I use 24" of chicken wire at the bottom of my standard 2x4 garden fence. It has worked well.


----------



## sullyxlh (Oct 28, 2004)

multibeard said:


> They make wire that is smaller at the bottom and gets larger at the top..


Good stuff..


----------



## multibeard (Mar 3, 2002)

sullyxlh said:


> Good stuff..


The problem I found with it, is that it does not have high quality welds and will come apart. I have mainly found it was a problem with the top area of the fence when I just used it as a fold open gate with no frame.


----------



## Junior Mint (Dec 3, 2006)

If you have electric nearby plug in a radio. I used to get hammered by deer and bunnies and tried everything but now the sports talk keeps them away


----------



## Boardman Brookies (Dec 20, 2007)

Junior Mint said:


> If you have electric nearby plug in a radio.
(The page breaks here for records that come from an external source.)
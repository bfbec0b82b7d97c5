-- ===== src/Http/BearerAuth/Tests.antt =====
-- Requests against a small configuration, and the theorems of the token store, the policy and the
-- filter at concrete inputs. The digest is the identity here.
use telegram_rest_gateway.Prelude.{
  ◌≡◌, refl, List, [], ◌∷◌, nat_eq, Bytes, bytes_eq, codes, any, All,
}
use telegram_rest_gateway.Auth.TokenStore.{write, scope_allows, load, verify}
use telegram_rest_gateway.Auth.TokenStore.Verify.{
  is_known, allowed, line_names, line_gives, Separates, verify-load,
}
use telegram_rest_gateway.Http.ScopePolicy.{ascii_lower}
use telegram_rest_gateway.Http.BearerAuth.{
  parse_bearer_token, Request, get, fail, required_scope, do_filter,
}
use telegram_rest_gateway.Http.BearerAuth.Laws.{verdict_for, do_filter_lem}

abbrev plain : Bytes → Bytes
plain t = t

abbrev lines : List Bytes
lines = codes "root" ∷ codes "bot read,write" ∷ codes "eye  read" ∷ []

separates : (t : Bytes) → All (Separates plain t) lines
separates t = ((λ u m e h. h), ((λ u m e h. h), ((λ u m e h. h), tt)))

abbrev export_request : Request
export_request = record {
  path = codes "/V1/Auth/session/export";
  method = get;
  authorization = codes "Bearer bot";
}

-- A token without the admin scope does not export the session, whatever the case of the path.
export_forbidden :
    do_filter plain (load plain lines) export_request ≡ fail (codes "INSUFFICIENT_SCOPE") 403
unfolding do_filter load scope_allows ascii_lower
export_forbidden = refl

verify-load_example :
    let v = verify plain (load plain lines) (codes "bot") in
    (is_known v ≡ any (line_names (codes "bot")) lines)
    × (allowed v write ≡ any (line_gives (codes "bot") write) lines)
verify-load_example = verify-load plain lines (codes "bot") write (separates (codes "bot"))

do_filter_lem_example :
    do_filter plain (load plain lines) export_request
    ≡ verdict_for lines
        (required_scope export_request)
        (parse_bearer_token export_request.authorization)
do_filter_lem_example = do_filter_lem plain lines export_request (λ t e. separates t)
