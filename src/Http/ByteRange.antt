-- ===== src/Http/ByteRange.antt =====
-- src/http/byte_range.hpp: the single range of a Range header. std::stoull is taken by its documented
-- behaviour on a text of digits: its value, or an exception above 64 bits.
pub mod Bounds
pub mod Laws
pub mod Tests
use telegram_rest_gateway.Prelude.{
  ℕ, zero, suc, ◌+◌, ◌-◌, ◌*◌, ◌/◌, ◌%◌, ◌^◌, ◌≤◌, ◌<◌, min, max, ◌≡◌, refl, sym, ap, ◌∙◌, subst,
  ◌≢◌, ◌↔◌, ◌⊎◌, inl, inr, Bool, true, false, ◌&&◌, ◌||◌, not, Option, none, some, List, [], ◌∷◌,
  ◌++◌, map, arith, ltb, leb, ltb→lt, lt→ltb, leb→le, if◌then◌else◌, Bool-cases, Option-cases, Eq,
  ◌==◌, eq_refl, nat_eq, Bytes, bytes_beq_iff, nat_beq_iff, bytes_eq, codes, length, get_elem?,
  get_or, take, drop, keep_if, all, any, length-append, length-keep_if-le, take-append-drop,
  length-take, length-drop, drop-append, take-append, All, All-append,
}
use telegram_rest_gateway.Prelude.Text.{find, starts_with, is_digit}

abbrev pub uintmax : ℕ
uintmax = 2 ^ 64 - 1

unfoldable pub is_all_digits : Bytes → Bool
unfolding is_digit
is_all_digits [] = false
is_all_digits (c ∷ cs) = all is_digit (c ∷ cs)

-- The value of a text of digits, after those before it.
abbrev pub value_from : ℕ → Bytes → ℕ
value_from n [] = n
value_from n (c ∷ cs) = value_from (n * 10 + (c - b'0')) cs

unfoldable pub parse_digits : Bytes → Option ℕ
unfolding is_all_digits
parse_digits s =
    if not (is_all_digits s)
    then none
    else if leb (value_from 0 s) uintmax
    then some (value_from 0 s)
    else none

abbrev pub range_prefix : Bytes
range_prefix = codes "bytes="

-- The suffix form, bytes=-N.
unfoldable pub last_bytes : ℕ → Bytes → Option (ℕ × ℕ)
unfolding parse_digits
last_bytes file_size to = elim (parse_digits to) [
  | none ↦ none
  | some n ↦ (if n == 0 then none else some (file_size - min n file_size, min n file_size))
]

-- The last position of the form bytes=a-b or bytes=a-.
unfoldable pub last_position : ℕ → Bytes → Option ℕ
unfolding parse_digits
last_position file_size [] = some (file_size - 1)
last_position file_size (c ∷ cs) = elim (parse_digits (c ∷ cs)) [
  | none ↦ none
  | some to_val ↦ some (min to_val (file_size - 1))
]

unfoldable pub from_position : ℕ → Bytes → Bytes → Option (ℕ × ℕ)
unfolding parse_digits last_position
from_position file_size from to = elim (parse_digits from) [
  | none ↦ none
  | some offset ↦
      (if leb file_size offset then none else elim (last_position file_size to) [
        | none ↦ none
        | some last ↦ (if ltb last offset then none else some (offset, last - offset + 1))
      ])
]

unfoldable pub range_parts : ℕ → Bytes → Bytes → Option (ℕ × ℕ)
unfolding last_bytes from_position
range_parts file_size [] to = last_bytes file_size to
range_parts file_size (c ∷ cs) to = from_position file_size (c ∷ cs) to

abbrev pub present : Option ℕ → Bool
present none = false
present (some i) = true

-- parseByteRange: offset and length, or `none` for false.
unfoldable pub parse_byte_range : Bytes → ℕ → Option (ℕ × ℕ)
unfolding starts_with find range_parts
parse_byte_range header file_size =
    if leb (length header) (length range_prefix)
      || not (starts_with header range_prefix)
      || file_size == 0
    then none
    else (let spec = drop (length range_prefix) header in
        elim (find b'-' spec) [
          | none ↦ none
          | some dash ↦
              (if present (find b',' spec)
                then none
                else range_parts file_size (take dash spec) (drop (suc dash) spec))
        ])
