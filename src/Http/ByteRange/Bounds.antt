-- ===== src/Http/ByteRange/Bounds.antt =====
-- The range lies in the file.
use telegram_rest_gateway.Prelude.{
  ℕ, zero, suc, ◌+◌, ◌≤◌, ◌<◌, ◌≡◌, inl, inr, Option, none, some, [], ◌∷◌, arith, Option-cases,
  nat_eq, Bytes, bytes_eq, length, take, drop,
}
use telegram_rest_gateway.Prelude.Text.{find}
use telegram_rest_gateway.Http.ByteRange.{
  range_prefix, last_bytes, last_position, from_position, range_parts, parse_byte_range,
}

abbrev pub InFile : ℕ → Option (ℕ × ℕ) → Type 0
InFile size none = Unit
InFile size (some (offset, n)) = (0 < n) × (offset + n ≤ size)

last_bytes-InFile : (size : ℕ) (to : Bytes) → 0 < size → InFile size (last_bytes size to)
unfolding last_bytes
last_bytes-InFile size to h = ground arith

last_position-lt :
    (size : ℕ) (to : Bytes) (last : ℕ) → 0 < size → last_position size to ≡ some last → last < size
unfolding last_position
last_position-lt size [] last h e = ground arith
last_position-lt size (c ∷ cs) last h e = ground arith

from_position-InFile :
    (size : ℕ) (from to : Bytes) → 0 < size → InFile size (from_position size from to)
unfolding from_position
from_position-InFile size from to h = elim (Option-cases (last_position size to)) [
  | inl e ↦ ground arith
  | inr (last, e) ↦ ground (arith, last_position-lt size to last h e)
]

range_parts-InFile :
    (size : ℕ) (from to : Bytes) → 0 < size → InFile size (range_parts size from to)
unfolding range_parts
range_parts-InFile size [] to h = last_bytes-InFile size to h
range_parts-InFile size (c ∷ cs) to h = from_position-InFile size (c ∷ cs) to h

-- An accepted range is not empty and lies in the file.
pub parse_byte_range-InFile :
    (header : Bytes) (size : ℕ) → InFile size (parse_byte_range header size)
unfolding parse_byte_range
parse_byte_range-InFile header zero = ground arith
parse_byte_range-InFile header (suc n) =
    let spec = drop (length range_prefix) header in
    elim (Option-cases (find b'-' spec)) [
      | inl e ↦ ground (arith, e)
      | inr (dash, e) ↦ ground (
        arith,
        e,
        range_parts-InFile (suc n) (take dash spec) (drop (suc dash) spec) (omega arith),
      )
    ]
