-- ===== src/Http/ByteRange/Laws.antt =====
-- Which headers are accepted, and with which range.
use telegram_rest_gateway.Prelude.{
  ℕ, zero, suc, ◌+◌, ◌-◌, ◌≤◌, ◌<◌, min, ◌≡◌, refl, sym, ap, ◌∙◌, ◌↔◌, inl, inr, true, ◌&&◌, Option,
  none, some, [], ◌∷◌, ◌++◌, arith, ltb, leb, if◌then◌else◌, Option-cases, nat_eq, Bytes, bytes_eq,
  length, take, drop, all, length-append, take-append,
}
use telegram_rest_gateway.Prelude.Text.{
  find, find-at, starts_with, starts_with-append, is_digit, starts_with_prefix,
}
use telegram_rest_gateway.Http.ByteRange.{
  uintmax, is_all_digits, value_from, parse_digits, range_prefix, last_bytes, last_position,
  from_position, range_parts, parse_byte_range,
}

-- The number that a text of digits stands for, if there is one.
abbrev pub number : Bytes → Option ℕ
number [] = none
number (c ∷ cs) = some (value_from 0 (c ∷ cs))

-- The offset and the length that RFC 9110 gives to first-last, first- and -count.
abbrev pub served : ℕ → Option ℕ → Option ℕ → Option (ℕ × ℕ)
served size none none = none
served size none (some n) =
    if ltb 0 n && ltb 0 size then some (size - min n size, min n size) else none
served size (some a) none = if ltb a size then some (a, size - a) else none
served size (some a) (some b) =
    if ltb a size && leb a b then some (a, min b (size - 1) + 1 - a) else none

find_dash :
    (from to : Bytes)
    → all is_digit from ≡ true
    → find b'-' (from ++ b'-' ∷ to) ≡ some (length from)
unfolding find is_digit
find_dash [] to h = ground arith
find_dash (c ∷ from) to h = ground (arith, find_dash from to)

no_comma : (s : Bytes) → all is_digit s ≡ true → find b',' s ≡ none
unfolding find is_digit
no_comma [] h = refl
no_comma (c ∷ s) h = ground (arith, no_comma s)

no_comma_between :
    (from to : Bytes)
    → all is_digit from ≡ true
    → all is_digit to ≡ true
    → find b',' (from ++ b'-' ∷ to) ≡ none
unfolding find is_digit
no_comma_between [] to h k = ground (arith, no_comma to k)
no_comma_between (c ∷ from) to h k = ground (arith, no_comma_between from to)

parse_digits-all :
    (c : ℕ) (cs : Bytes)
    → all is_digit (c ∷ cs) ≡ true
    → value_from 0 (c ∷ cs) ≤ uintmax
    → parse_digits (c ∷ cs) ≡ some (value_from 0 (c ∷ cs))
unfolding parse_digits is_all_digits
parse_digits-all c cs h le = ground arith

module _ (size : ℕ) (pos : 0 < size) where
  last_bytes-digits :
      (to : Bytes)
      → all is_digit to ≡ true
      → value_from 0 to ≤ uintmax
      → last_bytes size to ≡ served size none (number to)
  unfolding last_bytes
  last_bytes-digits [] h le = unfold parse_digits is_all_digits in refl
  last_bytes-digits (c ∷ cs) h le = ground (arith, parse_digits-all c cs h le)

  last_position-digits :
      (to : Bytes)
      → all is_digit to ≡ true
      → value_from 0 to ≤ uintmax
      → last_position size to
        ≡ some (elim (number to) [ none ↦ size - 1 | some b ↦ min b (size - 1) ])
  unfolding last_position
  last_position-digits [] h le = refl
  last_position-digits (c ∷ cs) h le = ground (arith, parse_digits-all c cs h le)

  range_parts-digits :
      (from to : Bytes)
      → all is_digit from ≡ true
      → all is_digit to ≡ true
      → value_from 0 from ≤ uintmax
      → value_from 0 to ≤ uintmax
      → range_parts size from to ≡ served size (number from) (number to)
  unfolding range_parts from_position
  range_parts-digits [] to h k le le' = last_bytes-digits to k le'
  range_parts-digits (c ∷ cs) [] h k le le' =
      ground (arith, parse_digits-all c cs h le, last_position-digits [] k le')
  range_parts-digits (c ∷ cs) (d ∷ ds) h k le le' =
      ground (arith, parse_digits-all c cs h le, last_position-digits (d ∷ ds) k le')

drop-suc-append : (from to : Bytes) (c : ℕ) → drop (suc (length from)) (from ++ c ∷ to) ≡ to
drop-suc-append [] to c = refl
drop-suc-append (x ∷ from) to c = drop-suc-append from to c

served-zero : (a b : Option ℕ) → served zero a b ≡ none
served-zero none none = refl
served-zero none (some n) = ground arith
served-zero (some a) none = ground arith
served-zero (some a) (some b) = ground arith

-- One range of two texts of digits, each empty or in the range of uintmax_t, with the offset and the length
-- that the standard gives it.
abbrev pub IsRange : Bytes → ℕ → ℕ × ℕ → Type 0
IsRange header size r =
    (from : Bytes) × (to : Bytes) × (header ≡ range_prefix ++ (from ++ b'-' ∷ to))
    × (all is_digit from ≡ true)
    × (all is_digit to ≡ true)
    × (value_from 0 from ≤ uintmax)
    × (value_from 0 to ≤ uintmax)
    × (served size (number from) (number to) ≡ some r)

parse_byte_range_digits :
    (size : ℕ) (from to : Bytes)
    → all is_digit from ≡ true
    → all is_digit to ≡ true
    → value_from 0 from ≤ uintmax
    → value_from 0 to ≤ uintmax
    → parse_byte_range (range_prefix ++ (from ++ b'-' ∷ to)) size
      ≡ served size (number from) (number to)
unfolding parse_byte_range
parse_byte_range_digits zero from to h k le le' =
    ground (arith, served-zero (number from) (number to))
parse_byte_range_digits (suc n) from to h k le le' =
    let spec = from ++ b'-' ∷ to in
    ground (
      arith,
      starts_with_prefix range_prefix spec,
      find_dash from to h,
      no_comma_between from to h k,
      take-append from (b'-' ∷ to),
      drop-suc-append from to b'-',
      range_parts-digits (suc n) (omega arith) from to h k le le',
      length-append from (b'-' ∷ to),
    )

parse_digits-some :
    (s : Bytes) (n : ℕ)
    → parse_digits s ≡ some n
    → (all is_digit s ≡ true) × (value_from 0 s ≤ uintmax) × (number s ≡ some n)
unfolding parse_digits is_all_digits
parse_digits-some [] n h = ground (arith, h)
parse_digits-some (c ∷ cs) n h = (ground (arith, h), ground (arith, h), ground (arith, h))

last_bytes-some :
    (size : ℕ) (to : Bytes) (r : ℕ × ℕ)
    → last_bytes size to ≡ some r
    → (all is_digit to ≡ true) × (value_from 0 to ≤ uintmax)
unfolding last_bytes
last_bytes-some size to r h = elim (Option-cases (parse_digits to)) [
  | inl e ↦ ground (arith, e, h)
  | inr (n, e) ↦ let (d, v, k) = parse_digits-some to n e in (d, v)
]

last_position-some :
    (size : ℕ) (to : Bytes) (last : ℕ)
    → last_position size to ≡ some last
    → (all is_digit to ≡ true) × (value_from 0 to ≤ uintmax)
unfolding last_position
last_position-some size [] last h = (refl, omega arith)
last_position-some size (c ∷ cs) last h = elim (Option-cases (parse_digits (c ∷ cs))) [
  | inl e ↦ ground (arith, e, h)
  | inr (n, e) ↦ let (d, v, k) = parse_digits-some (c ∷ cs) n e in (d, v)
]

range_parts-some :
    (size : ℕ) (from to : Bytes) (r : ℕ × ℕ)
    → range_parts size from to ≡ some r
    → (all is_digit from ≡ true)
      × (all is_digit to ≡ true)
      × (value_from 0 from ≤ uintmax)
      × (value_from 0 to ≤ uintmax)
unfolding range_parts from_position
range_parts-some size [] to r h =
    let (d, v) = last_bytes-some size to r h in (refl, d, omega arith, v)
range_parts-some size (c ∷ cs) to r h = elim (Option-cases (parse_digits (c ∷ cs))) [
  | inl e ↦ ground (arith, e, h)
  | inr (n, e) ↦ elim (Option-cases (last_position size to)) [
    | inl e' ↦ ground (arith, e, e', h)
    | inr (last, e') ↦
        let (d, v, k) = parse_digits-some (c ∷ cs) n e in
        let (d', v') = last_position-some size to last e' in (d, d', v, v')
  ]
]

parse_byte_range-parts :
    (header : Bytes) (size : ℕ) (r : ℕ × ℕ)
    → parse_byte_range header size ≡ some r
    → let spec = drop (length range_prefix) header in
      (starts_with header range_prefix ≡ true)
      × ((dash : ℕ) × (find b'-' spec ≡ some dash)
          × (range_parts size (take dash spec) (drop (suc dash) spec) ≡ some r))
unfolding parse_byte_range
parse_byte_range-parts header size r h =
    let spec = drop (length range_prefix) header in
    elim (Option-cases (find b'-' spec)) [
      | inl e ↦ ground (arith, e, h)
      | inr (dash, e) ↦ (ground (arith, h), (dash, e, ground (arith, e, h)))
    ]

-- A header is accepted with an offset and a length exactly if it is bytes=first-last, bytes=first- or
-- bytes=-count, each position a text of digits of at most 64 bits, and those are the offset and the length that
-- the standard gives to it. So a list of ranges, another unit and other bytes are refused, and so is a
-- larger position.
pub parse_byte_range-served :
    (header : Bytes) (size : ℕ) (r : ℕ × ℕ)
    → (parse_byte_range header size ≡ some r) ↔ IsRange header size r
parse_byte_range-served header size r = (accepted, ranged)
  where
    accepted : parse_byte_range header size ≡ some r → IsRange header size r
    accepted h =
        let spec = drop (length range_prefix) header in
        let (begins, (dash, at, parts)) = parse_byte_range-parts header size r h in
        let (d, d', v, v') =
          range_parts-some size (take dash spec) (drop (suc dash) spec) r parts in
        let whole : header ≡ range_prefix ++ (take dash spec ++ b'-' ∷ drop (suc dash) spec) =
          starts_with-append header range_prefix begins
          ∙ ap (λ t. range_prefix ++ t) (find-at b'-' spec dash at) in
        (
          take dash spec,
          drop (suc dash) spec,
          whole,
          d,
          d',
          v,
          v',
          sym (parse_byte_range_digits size (take dash spec) (drop (suc dash) spec) d d' v v')
              ∙ (ap (λ t. parse_byte_range t size) (sym whole) ∙ h),
        )

    ranged : IsRange header size r → parse_byte_range header size ≡ some r
    ranged (from, to, e, d, d', v, v', k) =
        ap (λ t. parse_byte_range t size) e ∙ (parse_byte_range_digits size from to d d' v v' ∙ k)

-- A header with a comma after its prefix, a list of ranges, is refused.
pub parse_byte_range-comma :
    (spec : Bytes) (size i : ℕ)
    → find b',' spec ≡ some i
    → parse_byte_range (range_prefix ++ spec) size ≡ none
unfolding parse_byte_range
parse_byte_range-comma spec size i h = elim (Option-cases (find b'-' spec)) [
  | inl e ↦ ground (arith, e)
  | inr (dash, e) ↦ ground (arith, e, h)
]
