-- ===== src/Http/ByteRange/Tests.antt =====
-- Headers and the ranges that they give.
use telegram_rest_gateway.Prelude.{◌≡◌, refl, ◌↔◌, none, some, nat_eq, bytes_eq, codes}
use telegram_rest_gateway.Http.ByteRange.{parse_byte_range}
use telegram_rest_gateway.Http.ByteRange.Laws.{IsRange, parse_byte_range-served}

ranges :
    (parse_byte_range (codes "bytes=0-99") 1000 ≡ some (0, 100))
    × (parse_byte_range (codes "bytes=-10") 1000 ≡ some (990, 10))
    × (parse_byte_range (codes "bytes=5abc-") 1000 ≡ none)
    × (parse_byte_range (codes "bytes=0-1,5-6") 1000 ≡ none)
unfolding parse_byte_range
ranges = (refl, refl, refl, refl)

parse_byte_range-served_example :
    (parse_byte_range (codes "bytes=900-2000") 1000 ≡ some (900, 100))
    ↔ IsRange (codes "bytes=900-2000") 1000 (900, 100)
parse_byte_range-served_example = parse_byte_range-served (codes "bytes=900-2000") 1000 (900, 100)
I used to get hammered by deer and bunnies and tried everything but now the sports talk keeps them away


Brilliant. Never thought if that. I am loosing the war with the rabbits right now so I'll give that a shot


----------



## ibthetrout (Sep 24, 2003)

I found that rabbit fencing to be really cheap and fall apart too, built a small chicken run out of it once. No electricity nearby so the radio idea is out. The spray seems like an ok idea but it's a temporary solution. I think I am going to use chicken wire as suggested. Come fall I am going to shoot every last one of them! I have a beagle and run him on rabbits in the back field. Rarely ever shoot one. Probably why I am in this situation now. This fall I am going Full Fudd!


----------